Paman mengangguk setuju.

"Kalau begitu, Paul berangkat dulu, ya, paman." Paul dan Muhzeo mulai menyakini Paman secara bergantian.

"Paman mau ikut Dira cari makan?" tanyaku setelah kedua temanku tadi lenyap dari pandangan.

"Kamu dengan Elsa saja. Paman jaga mobil di sini," ujar Paman sembari tersenyum.

Aku mengangguk saja dan segera masuk ke dalam mobil untuk membangunkan Elsa.

"Elsa, bangun kebo!" Badan super kecil itu nampaknya sangat sulit sekali untuk disuruh bangun.
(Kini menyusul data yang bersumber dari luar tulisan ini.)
-- ===== src/Client/Send/Whole.antt =====
-- Lemmas on the sending loops of client/main.cpp: a socket that takes what it is given, and one that
-- takes a part.
use irc_chat.Base.{
  ℕ, zero, suc, ◌≤◌, ◌<◌, ◌≡◌, refl, ap, ◌∙◌, true, false, [], ◌∷◌, ◌++◌, Str, arith, length, take,
  drop, leb, ◌==◌, length-drop, take-eq_self, drop-eq-nil, out_of_range,
}
use mathlib.Core.List.{append-nil}
use irc_chat.Client.Send.{
  max_size, sent, Flag, go_on, Socket, done, faulted, SendRun, taking, after_send, send_slice,
  and_then, send_slices, send_line,
}

-- `RUN` is not cleared while the line is sent.
abbrev pub StaysSet : Flag → Type 0
StaysSet run = (i : ℕ) → run i ≡ true

-- The socket takes all that it is given.
abbrev pub TakesAll : Socket → Type 0
TakesAll k = (i : ℕ) (s : Str) → k i s ≡ sent (length s)

send_slice-all :
    (k : Socket) (f i c : ℕ) (s : Str)
    → TakesAll k
    → send_slice k (suc f) i (c ∷ s) (c ∷ s) ≡ record { wire = c ∷ s; calls = suc i; ending = done }
unfolding send_slice after_send
send_slice-all k f i c s h =
    let some_bytes : (suc (length s) == 0) ≡ false = ground arith in
    let fits : leb (suc (length s)) (suc (length s)) ≡ true = ground arith in
    rw (h i (c ∷ s), some_bytes, fits, take-eq_self (length s) s (omega arith))
      (rw (drop-eq-nil (length s) s (omega arith), append-nil))

-- One slice of at most `suc m` bytes.
and_then-all :
    (run : Flag) (k : Socket) (m i c : ℕ) (s : Str) (next : ℕ → SendRun)
    → StaysSet run
    → TakesAll k
    → and_then run (send_slice k (suc (length (take m s))) i (c ∷ take m s) (c ∷ take m s)) next
      ≡ taking (c ∷ take m s) (next (suc i))
unfolding and_then
and_then-all run k m i c s next set h =
    ap (λ r. and_then run r next) (send_slice-all k (length (take m s)) i c (take m s) h)
    ∙ ap (λ b. go_on b (record { wire = c ∷ take m s; calls = suc i; ending = done }) next)
        (set (suc i))

take-append-drop_taken : (m : ℕ) (s : Str) → take m s ++ drop (length (take m s)) s ≡ s
take-append-drop_taken zero s = refl
take-append-drop_taken (suc m) [] = refl
take-append-drop_taken (suc m) (c ∷ s) = ap (◌∷◌ c) (take-append-drop_taken m s)

-- The loop with any limit on the slices, in place of `max_size`.
send_slices-all :
    (run : Flag) (k : Socket) (m f i : ℕ) (s : Str)
    → StaysSet run
    → TakesAll k
    → max_size ≡ suc m
    → length s ≤ f
    → ((send_slices run k f i s).wire ≡ s) × ((send_slices run k f i s).ending ≡ done)
unfolding send_slices
send_slices-all run k m f i [] set h e le = (refl, refl)
send_slices-all run k m zero i (c ∷ s) set h e le = absurd (omega arith)
send_slices-all run k m (suc f) i (c ∷ s) set h e le =
    let left = drop (length (take m s)) s in
    let (w, d) =
      send_slices-all run k m f (suc i) left set h e
        (omega (arith, length-drop (length (take m s)) s)) in
    rw e (
      rw (and_then-all run k m i c s (λ i'. send_slices run k f i' left) set h)
        (ap (λ t. c ∷ take m s ++ t) w ∙ ap (◌∷◌ c) (take-append-drop_taken m s), d))

-- If the socket takes all that it is given and `RUN` stays set, the client's sending loop ends by
-- itself, and the bytes on the wire are the line.
pub send_line-all :
    (run : Flag) (k : Socket) (line : Str)
    → StaysSet run
    → TakesAll k
    → ((send_line run k line).wire ≡ line) × ((send_line run k line).ending ≡ done)
unfolding send_line max_size
send_line-all run k line set h =
    send_slices-all run k 4095 (length line) 0 line set h refl (omega arith)

-- The second round, on what is left of the slice `s`.
send_slice-second :
    (k : Socket) (f : ℕ) (s left : Str)
    → 0 < length left
    → length left < length s
    → k 1 s ≡ sent (length s)
    → send_slice k (suc f) 1 s left ≡ record { wire = s; calls = 2; ending = faulted out_of_range }
unfolding send_slice after_send
send_slice-second k f s [] pos less e = absurd (omega arith)
send_slice-second k f s (d ∷ left) pos less e =
    let some_bytes : (length s == 0) ≡ false = ground arith in
    let past : leb (length s) (suc (length left)) ≡ false = ground arith in
    rw (e, some_bytes, past, take-eq_self (length s) s (omega arith))

send_slice-partial :
    (k : Socket) (f c n : ℕ) (s : Str)
    → 0 < n
    → n < suc (length s)
    → k 0 (c ∷ s) ≡ sent n
    → k 1 (c ∷ s) ≡ sent (suc (length s))
    → send_slice k (suc (suc f)) 0 (c ∷ s) (c ∷ s)
      ≡ record { wire = take n (c ∷ s) ++ c ∷ s; calls = 2; ending = faulted out_of_range }
unfolding send_slice after_send
send_slice-partial k f c n s pos part first second =
    let some_bytes : (n == 0) ≡ false = ground arith in
    let fits : leb n (suc (length s)) ≡ true = ground arith in
    let rest =
      send_slice-second k f (c ∷ s) (drop n (c ∷ s)) (omega (arith, length-drop n (c ∷ s)))
        (omega (arith, length-drop n (c ∷ s))) second in
    rw (first, some_bytes, fits) (ap (taking (take n (c ∷ s))) rest)

-- A socket that takes a part of a line shorter than `MAX_SIZE` and then all that it is given makes
-- the client send that part followed by the whole line, and then throw `out_of_range`, whatever
-- happens to `RUN` meanwhile.
pub send_line-partial :
    (run : Flag) (k : Socket) (c n : ℕ) (line : Str)
    → length line < max_size
    → 0 < n
    → n < suc (length line)
    → k 0 (c ∷ line) ≡ sent n
    → k 1 (c ∷ line) ≡ sent (suc (length line))
    → ((send_line run k (c ∷ line)).wire ≡ take n (c ∷ line) ++ c ∷ line)
      × ((send_line run k (c ∷ line)).ending ≡ faulted out_of_range)
unfolding send_line send_slices and_then
send_line-partial run k c n [] short pos part first second = absurd (omega arith)
send_line-partial run k c n (d ∷ line) short pos part first second =
    rw (take-eq_self max_size (c ∷ d ∷ line) (omega arith))
      (rw (send_slice-partial k (length line) c n (d ∷ line) pos part first second) (refl, refl))
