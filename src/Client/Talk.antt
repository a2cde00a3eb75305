-- ===== src/Client/Talk.antt =====
-- What the server's parser makes of the client's chat lines, `/user`, `/ping` and `/quit`, client/main.cpp.
use mathlib.Core.List.{append_assoc}
use irc_chat.Base.{
  suc, ◌≡◌, ◌≢◌, refl, sym, ap, ◌∙◌, false, [], ◌∷◌, ◌++◌, Str, codes, arith, length, take, drop,
  Avoids, find_byte_at, ◌==◌, starts_with, str_eq, Result, ok, ◌>>=◌,
}
use irc_chat.Client.Commands.{request, IsReadAs, line_of-ok, substr-append}
use irc_chat.Client.Translate.{user_line, translate}
use irc_chat.Message.Parse.{parse}
use irc_chat.Message.Print.{
  to_string, print_prefix, print_params, command_or_reply_name, command_name,
}
use irc_chat.Message.RoundTrip.{IsField, IsPrintable, parse-to_string}
use irc_chat.Message.{Command, Message}

-- A line that does not begin with a slash.
abbrev pub IsPlain : Str → Type 0
IsPlain [] = Unit {0}
IsPlain (c ∷ s) = c ≢ b'/'

translate-plain : (t : Str) → IsPlain t → translate t ≡ ok (codes "PRIVMSG --- :" ++ t)
unfolding translate starts_with str_eq
translate-plain [] h = refl
translate-plain (c ∷ s) h =
    let e : (c == b'/') ≡ false = ground arith in
    let e' : (b'/' == c) ≡ false = ground arith in rw (e, e')

-- The line is the printed message.
print-request :
    (input text : Str) (m : Message)
    → translate input ≡ ok text
    → to_string m ≡ text ++ b'\n' ∷ []
    → IsPrintable m
    → IsReadAs input m
print-request input text m e p h =
    (text ++ b'\n' ∷ [], line_of-ok input text e, ap parse (sym p) ∙ parse-to_string m h)

-- A line that does not begin with a slash goes to the server as a line that its parser reads as
-- PRIVMSG to `---` with exactly that text, whatever bytes the text holds.
pub plain-IsReadAs :
    (t : Str) → IsPlain t → IsReadAs t (request Command.privmsg (codes "---" ∷ t ∷ []))
unfolding to_string print_prefix print_params command_or_reply_name command_name
plain-IsReadAs t h =
    print-request t (codes "PRIVMSG --- :" ++ t) (request Command.privmsg (codes "---" ∷ t ∷ []))
      (translate-plain t h) refl
      (record { prefix_ok = tt; command_ok = tt; params_ok = (omega arith, tt) })

take-suc-length : (n r : Str) → take (suc (length n)) (n ++ b' ' ∷ r) ≡ n ++ b' ' ∷ []
take-suc-length [] r = refl
take-suc-length (c ∷ n) r = ap (◌∷◌ c) (take-suc-length n r)

drop-suc-length : (n r : Str) → drop (suc (length n)) (n ++ b' ' ∷ r) ≡ r
drop-suc-length [] r = refl
drop-suc-length (c ∷ n) r = drop-suc-length n r

abbrev unused_fields : Str
unused_fields = codes "<hostname> <servername> :"

user_line-split :
    (n r : Str)
    → Avoids b' ' n
    → user_line (n ++ b' ' ∷ r) ≡ codes "USER " ++ (n ++ (b' ' ∷ (unused_fields ++ r)))
unfolding user_line
user_line-split n r h =
    rw (find_byte_at b' ' n r h, user_line)
      (rw (take-suc-length n r, drop-suc-length n r)
        (ap (λ t. codes "USER " ++ t) (append_assoc n (b' ' ∷ []) (unused_fields ++ r))))

translate-user :
    (n r : Str)
    → Avoids b' ' n
    → translate (codes "/user " ++ (n ++ b' ' ∷ r))
      ≡ ok (codes "USER " ++ (n ++ (b' ' ∷ (unused_fields ++ r))))
unfolding translate starts_with str_eq
translate-user n r h =
    ap (λ (q : Result Str). q >>= λ rest. ok (user_line rest))
      (substr-append (codes "/user ") (n ++ b' ' ∷ r))
    ∙ ap (λ s. ok s) (user_line-split n r h)

-- `/user` with a name that holds no space and begins with neither a colon nor a newline, a space
-- and any real name goes to the server as a line that its parser reads as USER with that name, the
-- two unused fields and exactly that real name.
pub user-IsReadAs :
    (n r : Str)
    → IsField n
    → Avoids b' ' n
    → IsReadAs
        (codes "/user " ++ (n ++ b' ' ∷ r))
        (request Command.user (n ∷ codes "<hostname>" ∷ codes "<servername>" ∷ r ∷ []))
unfolding to_string print_prefix print_params command_or_reply_name command_name
user-IsReadAs n r h spaces =
    print-request (codes "/user " ++ (n ++ b' ' ∷ r)) _
      (request Command.user (n ∷ codes "<hostname>" ∷ codes "<servername>" ∷ r ∷ []))
      (translate-user n r spaces) refl
      (record {
        prefix_ok = tt;
        command_ok = tt;
        params_ok = (h, (omega arith, (omega arith, tt)));
      })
Aku sempat kewalahan dibuatnya.

"Auh, ngantuk," gumamnya sembari tertidur kembali.

Aku tersenyum. Pikiran jahil kini terbesit di pikiranku. Aku yakin sekali jika cara ini akan ampuh!

"Paul? Paul gapapa? Paul bangun!" teriakku yang mencoba untuk berpura-pura drama.

Dengan sigap Elsa langsung bangun dengan mata membulat sempurna.

"Mana Paul? Paul kenapa? Di mana dia? Paul!" teriaknya kacau setengah sadar.

Aku tertawa terbahak-bahak sambil memegangi perutku yang tak kuat menahan geli. Dasar bucin!

"Paul gapapa. Segitu cintanya sama paul?" tanyaku sembari tertawa puas.

"Kau ih! Bikin aku takut saja," ujarnya sembari menghirup udara dalam-dalam.

Aku menggelengkan kepala sembari tersenyum puas. Sebegitu sayangkah dia pada Paul?

"Antar aku cari makanan, yuk!" ajakku sembari mengambil tas selempang kecil dari dalam tas besar.

"Memang ini di mana? Sudah sampai? Yang lain mana?" Runtutan pertanyaannya dilayangkan bersamaan dengan kepalanya yang terus melongok ke sana- ke mari.

"Mobilnya mogok. Jadi, yang lain sedang cari bengkel. Paman di luar." Aku turun dari mobil disusul oleh Elsa. Kami berdua berjalan ke arah Utara setelah meminta izin kepada Paman untuk segera mencari makan. Tak butuh waktu lama, kami menemukan warung nasi pinggir jalan yang letaknya strategis dari jalanan yang lumayan sepi.

"Permisi, Bu, nasinya masih ada?" tanyaku sembari tersenyum ramah.

Sang Ibu tersenyum dan mengangguk perlahan. "Ada, Mbak. Silakan duduk," tawar ibu nasi tersebut sembari tersenyum.

"Mau nasi apa, Mbak?" tanyanya sembari jarinya lihai menyendok nasi dari dalam magic jar.

"Hm, kita makan di sini aja kali, ya, El?" tanyaku sembari memperhatikan beberapa lauk-pauk yang tersedia.

"Iyaudah, deh," sahut Elsa sembari memperhatikan jalanan yang kosong melompong.

"Nasi, ayam, capcay, dan es jeruknya satu. Terus kau apa, Elsa?" tanyaku.

"Nasi, telur, cumi, dan teh hangat aja," pesannya yang mulai membuka ponsel.

"Ya sudah itu, Bu. Dan nasi, ayam, sama sayur kentangnya dibungkus bikin tiga, ya. Minumnya es teh aja," timpalku.

"Ok, Mbak. Tunggu sebentar, ya," ujar Ibu tersebut sembari mulai menyiapkan makanannya.

Sambil menunggu, aku pun bermain permainan kuis di iPhone-ku.

"Mbak, ini pesanannya."Ibu nasi tersebut memberikan dua buah piring pesanan kami.

"Terimakasih, Bu." Kami berdua tersenyum hangat sembari bersiap mengisi kekosongan perut yang sudah berdiskusi sedari tadi.

"Sama-sama, Mbak. Oh iya, yang dibungkus mau nanti atau sekarang? Takut keburu basah kertas nasinya."

"Nanti dulu saja, Bu," ujarku seraya membersihkan tangan di mangkok kobokan.